Causal Abstraction Inference under Lossy Representations¶

Conference: ICML 2025
arXiv: 2509.21607
Code: CausalAILab/ProjectedCausalAbstractions
Area: Causal Inference
Keywords: Causal Abstraction, Lossy Representation, Structural Causal Models, Causal Inference, Representation Learning

TL;DR¶

This paper proposes the Projected Abstraction framework, breaking the reliance of existing causal abstraction theory on the "Abstract Invariance Condition (AIC)." This enables mathematically consistent causal inference under lossy/dimension-reduced representations and provides identifiability criteria at the graphical model level.

Background & Motivation¶

Causal inference and abstract reasoning are two core capabilities of human intelligence. Causal inference is typically studied under the semantics of Structural Causal Models (SCMs), which induce a three-layer distribution of the "Pearl Causal Hierarchy" (PCH): the observational layer \(\mathcal{L}_1\), the interventional layer \(\mathcal{L}_2\), and the counterfactual layer \(\mathcal{L}_3\).

Causal abstraction aims to establish a correspondence between a complex low-level causal model \(\mathcal{M}_L\) and a simpler high-level model \(\mathcal{M}_H\). Significant progress has been made by existing works (Rubenstein et al., 2017; Beckers & Halpern, 2019; Xia & Bareinboim, 2024, etc.), but almost all definitions rely on the Abstract Invariance Condition (AIC):

AIC requires: if two low-level values map to the same high-level value, their impact on downstream variables must be identical.

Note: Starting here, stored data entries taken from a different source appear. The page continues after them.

-- ===== src/Router/Effects.antt =====
-- What a request to the whole server can do.
use gometrics.Prelude.{
  get_or, ◌∙◌, String, Bool, true, false, Option, none, some, List, [], ◌∷◌, ◌≡◌, ◌⊎◌, inl, inr,
  refl, sym, subst, ◌==◌, if◌then◌else◌, Bytes, All,
}
use mathlib.Core.List.{Memᴰ}
use gometrics.Http.{whole, Request, Call}
use gometrics.Crypto.{Primitives}
use gometrics.Storage.Mem.{MemStorage, mem_storage}
use gometrics.Storage.Mem.Invariant.{Write, write}
use gometrics.Middleware.{
  HttpHandler, GzipLib, decrypt_middleware, gzip_middleware, logging_middleware, hash_middleware,
}
use gometrics.Middleware.Once.{
  Step, Handed, as_it_is, after, Step-method, Holds, logging_middleware-Holds,
  hash_middleware-Holds, gzip_middleware-Holds, decrypt_middleware-Holds,
}
use gometrics.Handler.{Handler, Std, World}
use gometrics.Handler.Reading.{SaveKeepsStore}
use gometrics.Handler.Effects.{
  value_handler-Holds, ping_handler-Holds, root_handler-Holds, update_handler-Holds,
  updates_json_handler-Holds, AskedByPath, AskedByBatch,
}
use gometrics.Handler.Json.Effects.{
  value_json_handler-Holds, update_json_handler-Holds, AskedByJson,
}
use gometrics.Router.{router}
use gometrics.Router.Routes.{
  Mux, Match, Route, Endpoint, Moment, routes, handle, dispatch, dispatch_to, with_params, server,
  update_json, value_json, update_path, value_path, root, ping, updates_json,
}

module _ {Public Private W : Type 0} (p : Primitives Public Private) (lib : GzipLib)
    (priv : Option Private) (R : Request → W → W → Type 0) (stays : (r : Request) (w : W) → R r w w)
    (before : (r r' : Request) (w w' : W) → Step p lib priv r r' → R r' w w' → R r w w') where
  router-Holds :
      (hmac : Bytes → Bytes → Bytes) (key : String) (next : HttpHandler W)
      → Holds p lib priv R stays before next
      → Holds p lib priv R stays before (router p lib hmac key priv next)
  unfolding router
  router-Holds hmac key next h = go (key == "")
    where
      inner : HttpHandler W
      inner = decrypt_middleware p priv (gzip_middleware lib (logging_middleware next))

      inner_holds : Holds p lib priv R stays before inner
      inner_holds = decrypt_middleware-Holds p lib priv R stays before _ (
          gzip_middleware-Holds p lib priv R stays before _
            (logging_middleware-Holds p lib priv R stays before next h))

      go :
          (b : Bool)
          → Holds p lib priv R stays before (if b then inner else hash_middleware hmac key inner)
      go true = inner_holds
      go false = hash_middleware-Holds p lib priv R stays before hmac key inner inner_holds

-- the endpoints that write are registered for POST
abbrev WritesBy : Endpoint → String → Type 0
WritesBy update_json method = method ≡ "POST"
WritesBy update_path method = method ≡ "POST"
WritesBy updates_json method = method ≡ "POST"
WritesBy _ method = Unit

abbrev WritesByPost : Route → Type 0
WritesByPost t = WritesBy t.endpoint t.method

routes_write : All WritesByPost routes
routes_write = (refl, (tt, (refl, (tt, (refl, (tt, (tt, (tt, (refl, (refl, tt))))))))))

of_all : (P : Route → Type 0) (t : Route) (table : List Route) → All P table → Memᴰ t table → P t
of_all P t [] h m = elim m [ ]
of_all P t (x ∷ table) (h, hs) (Memᴰ.head e) = subst P (sym e) h
of_all P t (x ∷ table) (h, hs) (Memᴰ.tail m) = of_all P t table hs m

-- What chi promises of a route that it finds: it is in the table, for the method of the request.
abbrev pub IsMux : Mux → Type 0
IsMux mux =
    (table : List Route) (method path : String) (m : Match)
    → mux.find table method path ≡ some m
    → Memᴰ m.route table × (m.route.method ≡ method)

-- The write that a request asks for at an endpoint: by path the one that its URL parameters name, else
-- the one that its body decodes to. `r` is the request as it comes to the handler.
abbrev pub Asked : Std → Match → Request → Endpoint → Write → Type 0
Asked std m r update_path x = AskedByPath std m.url_type m.url_name m.url_value x
Asked std m r update_json x = AskedByJson (std.decode (get_or r.body (whole []))) x
Asked std m r updates_json x = AskedByBatch (std.decode_list (get_or r.body (whole []))) x
Asked std m r value_json x = ⊥
Asked std m r value_path x = ⊥
Asked std m r root x = ⊥
Asked std m r ping x = ⊥

-- Nothing was changed, or the store took the write that a POST request to its route asks for; `From`
-- are the requests that may come to the handler.
abbrev pub Effect :
    {D O : Type 0}
    → Std
    → Mux
    → Moment
    → (Request → Type 0)
    → String
    → World MemStorage D O
    → World MemStorage D O
    → Type 0
Effect std mux at From method w w' =
    (w' ≡ w)
    ⊎ ((method ≡ "POST")
        × ((m : Match) × (mux.find routes method at.path ≡ some m)
            × ((r : Request) × From r
                × ((x : Write) × Asked std m r m.route.endpoint x × (w'.store ≡ write x w.store)))))

module _ {D O : Type 0} (h : Handler MemStorage D O) (mem : h.storage ≡ mem_storage) (std : Std)
    (save : SaveKeepsStore h std) (mux : Mux) (law : IsMux mux) (at : Moment) where
  module _ (w : World MemStorage D O) (m : Match) (r : Request) where
    -- nothing was changed, or the store took the write that is asked for at the endpoint `e`
    abbrev By : Endpoint → World MemStorage D O × List Call → Type 0
    By e p = (p.0 ≡ w) ⊎ ((x : Write) × Asked std m r e x × (p.0.store ≡ write x w.store))

    abbrev with_url : Request
    with_url = with_params h std mux at m r

    handle-By : (e : Endpoint) → By e (handle h std mux at e with_url w)
    unfolding handle
    handle-By value_json =
        value_json_handler-Holds h mem std save (By value_json) w (λ c. inl refl) with_url
    handle-By value_path =
        value_handler-Holds h mem std save (By value_path) w (λ c. inl refl) with_url
    handle-By root = root_handler-Holds h mem std save (By root) w (λ c. inl refl) at.order with_url
    handle-By ping = ping_handler-Holds h mem std save (By ping) w (λ c. inl refl) with_url
    handle-By update_json =
        update_json_handler-Holds h mem std save (By update_json) w (λ c. inl refl)
          (Asked std m r update_json) (λ w' c x a e. inr (x, a, e)) at.now with_url (λ x a. a)
    handle-By update_path =
        update_handler-Holds h mem std save (By update_path) w (λ c. inl refl)
          (Asked std m r update_path) (λ w' c x a e. inr (x, a, e)) at.now with_url (λ x a. a)
    handle-By updates_json =
        updates_json_handler-Holds h mem std save (By updates_json) w (λ c. inl refl)
          (Asked std m r updates_json) (λ w' c x a e. inr (x, a, e)) at.now with_url (λ x a. a)

  -- an endpoint at which a write can be asked for is registered for POST
  Asked-post :
      (m : Match) (r : Request) (e : Endpoint) (x : Write) (method : String)
      → WritesBy e method
      → Asked std m r e x
      → method ≡ "POST"
  Asked-post m r update_json x method p a = p
  Asked-post m r update_path x method p a = p
  Asked-post m r updates_json x method p a = p
  Asked-post m r value_json x method p a = elim a [ ]
  Asked-post m r value_path x method p a = elim a [ ]
  Asked-post m r root x method p a = elim a [ ]
  Asked-post m r ping x method p a = elim a [ ]

  dispatch-Effect :
      (From : Request → Type 0) (r : Request) (w : World MemStorage D O)
      → From r
      → Effect std mux at From r.method w (dispatch h std mux at r w).0
  unfolding dispatch dispatch_to
  dispatch-Effect From r w from = go (mux.find routes r.method at.path) refl
    where
      go :
          (o : Option Match)
          → mux.find routes r.method at.path ≡ o
          → Effect std mux at From r.method w (dispatch_to h std mux at o r w).0
      go none e = inl refl
      go (some m) e =
          let (member, same) = law routes r.method at.path m e in
          let by_post =
            subst (WritesBy m.route.endpoint) same
              (of_all WritesByPost m.route routes routes_write member) in
          elim (handle-By w m r m.route.endpoint) [
            | inl k ↦ inl k
            | inr (x, a, s) ↦
                inr (
                  Asked-post m r m.route.endpoint x r.method by_post a,
                  (m, e, (r, from, (x, a, s))),
                )
          ]

  -- A request to the server leaves the store, the disk behind the synchronous save and the audit
  -- subject as they were, or it is a POST request to a route that the multiplexer found, and the store
  -- takes just the write that is asked for there: at the path, the gauge or counter of the name in the
  -- URL with its parsed value; at the JSON endpoints, the value or delta of the one metric, or the
  -- whole checked batch, that the body of the request decodes to after the middleware has read,
  -- decrypted or unpacked it. At the other routes nothing is written. The metrics are kept in memory,
  -- a synchronous save does not change them, and the multiplexer finds routes of the table by their
  -- method; the keys, the ciphers, gzip and the libraries are any.
  pub server-Effect :
      {Public Private : Type 0} (p : Primitives Public Private) (lib : GzipLib)
      (hmac : Bytes → Bytes → Bytes) (key : String) (priv : Option Private) (r : Request)
      (w : World MemStorage D O)
      → Effect std mux at
          (Handed p lib priv r)
          r.method
          w
          (server h std mux at p lib hmac key priv r w).0
  unfolding server
  server-Effect p lib hmac key priv =
      router-Holds p lib priv (λ r. Effect std mux at (Handed p lib priv r) r.method)
        (λ r w. inl refl) widened hmac key (dispatch h std mux at)
        (λ r w. dispatch-Effect (Handed p lib priv r) r w (as_it_is r))
    where
      widened :
          (r r' : Request) (w w' : World MemStorage D O)
          → Step p lib priv r r'
          → Effect std mux at (Handed p lib priv r') r'.method w w'
          → Effect std mux at (Handed p lib priv r) r.method w w'
      widened r r' w w' step (inl k) = inl k
      widened r r' w w' step (inr (post, (m, e, (r'', from, x)))) =
          let same = Step-method step in
          inr (
            sym same ∙ post,
            (
              m,
              subst (λ v. mux.find routes v at.path ≡ some m) same e,
              (r'', after r r' r'' step from, x),
            ),
          )
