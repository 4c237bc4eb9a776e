-- ===== src/Serve/Saving.antt =====
-- internal/storage/file.go: `SaveToFile` after the copy of the maps, in the two steps that another save
-- to the same path can come between.
use gometrics.Prelude.{String, Option, none, some, List}
use gometrics.Prelude.Dict
use gometrics.Models.{Metrics}
use gometrics.Storage.{Error}
use gometrics.Storage.File.{Json, Disk, tmp, left_in_tmp}

-- how far a call of `SaveToFile` is
pub data Save : Type 0 where
  copied : List Metrics → Save
  in_tmp : Save

pub data SaveStep : Type 0 where
  going : Save → SaveStep
  saved : SaveStep
  save_failed : Error → SaveStep

-- what the operating system answers to one of the steps: for a write, also what a failed one leaves
-- (nothing, if it is `os.MkdirAll` before it that fails)
pub record Answer (C : Type 0) : Type 0 where
  pub write : Option (Error × Option C)
  pub rename : Option Error

module _ {C : Type 0} (json : Json C) (path : String) where
  -- `os.WriteFile` of what `MarshalIndent` gave
  unfoldable pub write_tmp : Option C → Option (Error × Option C) → Disk C → SaveStep × Disk C
  write_tmp none answer disk = (save_failed "json: unsupported value", disk)
  write_tmp (some content) none disk = (going in_tmp, Dict.insert (tmp path) content disk)
  write_tmp (some content) (some (e, left)) disk = (save_failed e, left_in_tmp path left disk)

  -- `os.Rename`, which fails where the temporary file is gone
  unfoldable pub rename_tmp : Option C → Option Error → Disk C → SaveStep × Disk C
  rename_tmp content (some e) disk = (save_failed e, disk)
  rename_tmp none none disk = (save_failed "no such file or directory", disk)
  rename_tmp (some content) none disk =
      (saved, Dict.erase (tmp path) (Dict.insert path content disk))

  unfoldable pub step_save : Save → Answer C → Disk C → SaveStep × Disk C
  unfolding write_tmp rename_tmp
  step_save (copied metrics) answer disk = write_tmp (json.marshal_indent metrics) answer.write disk
  step_save in_tmp answer disk = rename_tmp (Dict.lookup (tmp path) disk) answer.rename disk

This restriction is highly demanding in practice—representation learning and dimensionality reduction are inherently lossy transformations, making AIC almost impossible to satisfy. For instance, when HDL and LDL cholesterol are summed into "total cholesterol," their opposing effects on heart disease immediately violate AIC. Similarly, when compressing high-dimensional images into low-dimensional representations, AIC is often unverifiable and unlikely to hold.

The core motivation of this paper is: even if AIC is violated, can mathematically consistent causal abstractions still be defined and causal inference performed using finite data?

Method¶

Overall Architecture¶

The technical pipeline proposed in this paper consists of three steps:

Define Projected Abstraction: Encode the information lost upon AIC violation into the exogenous variable space, maintaining mathematical consistency in the high-level model (Section 2).
Construct Partially Projected C-DAG: Provide a new graphical model representation to capture extra dependencies arising from AIC violations (Section 3).
Establish Abstract Identifiability Theorems: Reduce the cross-abstraction-level causal inference problem to the classic identifiability problem (Section 3).

Key Designs¶

1. Partial SCM Projection¶

Traditional SCM projections only allow entire variables to be included or excluded. This paper introduces the concept of partial projection: for each variable \(W\), it is decomposed via a surjective function \(\delta\) into:

Observed part \(W^o\): information retained in the high-level model.
Unobserved part \(W^u\): information lost due to lossy mapping, encoded as new exogenous variables.

The key equality (Prop. 1) guarantees that the output under any intervention remains consistent after partial projection:

\[\mathbf{w}^o_{\mathbf{x}} = \mathcal{M}'_{[\mathbf{x}^o]}(\mathbf{u}, \mathbf{x}^u, \mathbf{z}^u)\]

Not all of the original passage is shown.